**Exercise aim:** Across the lines of the records below, how many have the string "CreateProcessParams" in them? Answer with the number alone.

(Collected data)
>>>>>

-- ===== src/Tests/Compilations.antt =====
-- Compilations of Extensions/Client/hookProcess.cpp that stand for processes.
use buildpal.Prelude.{
  ℕ, ◌≡◌, ◌↔◌, refl, true, false, Option, none, some, [], arith, units, ℕ_discrete,
}
use buildpal.Prelude.Assoc.{lookup, assign, insert_new, lookup-assign}
use buildpal.HookProcess.Params.{CreateProcessParams}
use buildpal.HookProcess.Compilation.{
  compiling, starting, Compilation, Hooks, new_compilation, start_thread, short_circuit, complete,
  terminate, worker_complete, fallback, passed, answered, exit_code_reply, get_exit_code_process,
  close_handle, terminate_process,
}
use buildpal.HookProcess.Compilation.Steps.{
  started, finished, created, moved, terminated, Reach, initially, next, IsConsistent,
  Reach-IsConsistent,
}
use buildpal.HookProcess.Compilation.Order.{Run, here, then, run-exit_code_reply}
use buildpal.HookProcess.Compilation.Calls.{get_exit_code_process-terminated, Reach-fallback}

abbrev params : CreateProcessParams
params = record {
  application_name = none;
  command_line = some (units "cl a.cpp");
  creation_flags = 0;
  current_directory = some (units "c:\\a");
  startup_flags = 0x100;
  std_output = 4;
  std_error = 8;
}

abbrev idle : Hooks
idle = record { active = true; infos = []; orphans = [] }

-- a compilation, of which the worker is in the client's `distributedCompile`
abbrev fresh : Compilation
unfolding start_thread new_compilation
fresh = start_thread false (new_compilation (units "cl") params)

abbrev busy : Compilation
unfolding fresh start_thread new_compilation
busy = record fresh { worker = compiling }

abbrev creating : Hooks
unfolding short_circuit
creating = short_circuit 64 params (units "cl") false idle

abbrev running : Hooks
unfolding creating busy
running = record creating { infos = assign ℕ_discrete 64 busy creating.infos }

-- the caller terminates it then
abbrev stopped : Hooks
unfolding terminate_process running
stopped = (terminate_process 64 3 running).1

abbrev stopped_one : Compilation
unfolding terminate busy
stopped_one = terminate 3 busy

found_fresh : lookup ℕ_discrete 64 creating.infos ≡ some fresh
unfolding lookup creating fresh short_circuit insert_new start_thread new_compilation ℕ_discrete
found_fresh = refl

found_busy : lookup ℕ_discrete 64 running.infos ≡ some busy
unfolding lookup running creating busy fresh assign short_circuit insert_new start_thread
    new_compilation ℕ_discrete
found_busy = refl

found_stopped : lookup ℕ_discrete 64 stopped.infos ≡ some stopped_one
unfolding lookup stopped stopped_one running creating busy fresh assign short_circuit insert_new
    start_thread new_compilation terminate_process terminate ℕ_discrete
found_stopped = refl

running-Reach : Reach running
unfolding running creating busy
running-Reach =
    next (next (initially true) (created 64 params (units "cl") false unknown))
      (moved 64 fresh busy found_fresh (started starts))
  where
    unknown : lookup {V = Compilation} ℕ_discrete 64 [] ≡ none
    unknown = unfold lookup in refl

    starts : fresh.worker ≡ starting
    starts = unfold fresh start_thread new_compilation in refl

stopped-Reach : Reach stopped
unfolding stopped
stopped-Reach = next running-Reach (terminated 64 3)

Reach-IsConsistent_example : IsConsistent stopped_one
Reach-IsConsistent_example = Reach-IsConsistent stopped 64 stopped_one stopped-Reach found_stopped

-- a process whose exit code is 0
abbrev runs_well : CreateProcessParams → Option ℕ
runs_well p = some 0

Reach-fallback_example : (fallback runs_well stopped_one ≡ none) ↔ (stopped_one.completed ≡ true)
Reach-fallback_example = Reach-fallback stopped 64 stopped_one runs_well stopped-Reach found_stopped

-- the worker finishes after all
finished_one : Compilation
finished_one = worker_complete 5 stopped_one

finished_late : Hooks
finished_late = record stopped { infos = assign ℕ_discrete 64 finished_one stopped.infos }

finishing-Run : Run 64 stopped stopped_one finished_late finished_one
unfolding finished_late finished_one
finishing-Run =
    then found_stopped
      (moved 64 stopped_one (worker_complete 5 stopped_one) found_stopped (finished 5 works))
      (here found)
  where
    works : stopped_one.worker ≡ compiling
    works = unfold stopped_one busy terminate complete fresh start_thread new_compilation in refl

    found : lookup ℕ_discrete 64 finished_late.infos ≡ some finished_one
    found =
        unfold finished_late in
        ground (arith, lookup-assign ℕ_discrete 64 64 finished_one stopped.infos)

run-exit_code_reply_example : exit_code_reply finished_one ≡ answered 1 (some 3)
run-exit_code_reply_example =
    run-exit_code_reply 64 3 stopped finished_late stopped_one finished_one finishing-Run (
      unfold exit_code_reply stopped_one busy terminate complete fresh start_thread
        new_compilation in
      refl)

get_exit_code_process-terminated_example :
    (get_exit_code_process 64 running ≡ answered 259 none)
    × ((terminate_process 64 3 running).0 ≡ answered 1 none)
    × (get_exit_code_process 64 finished_late ≡ answered 1 (some 3))
    × (get_exit_code_process 64 (close_handle 64 finished_late) ≡ passed)
unfolding finished_late stopped stopped_one lookup assign insert_new ℕ_discrete
get_exit_code_process-terminated_example =
    get_exit_code_process-terminated 64 3 running finished_late busy finished_one
      (unfold running creating short_circuit in refl) found_busy
      (unfold busy fresh start_thread new_compilation in refl) finishing-Run
      (unfold stopped running creating short_circuit terminate_process in refl)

<<<<<

**Answer for the task:** 3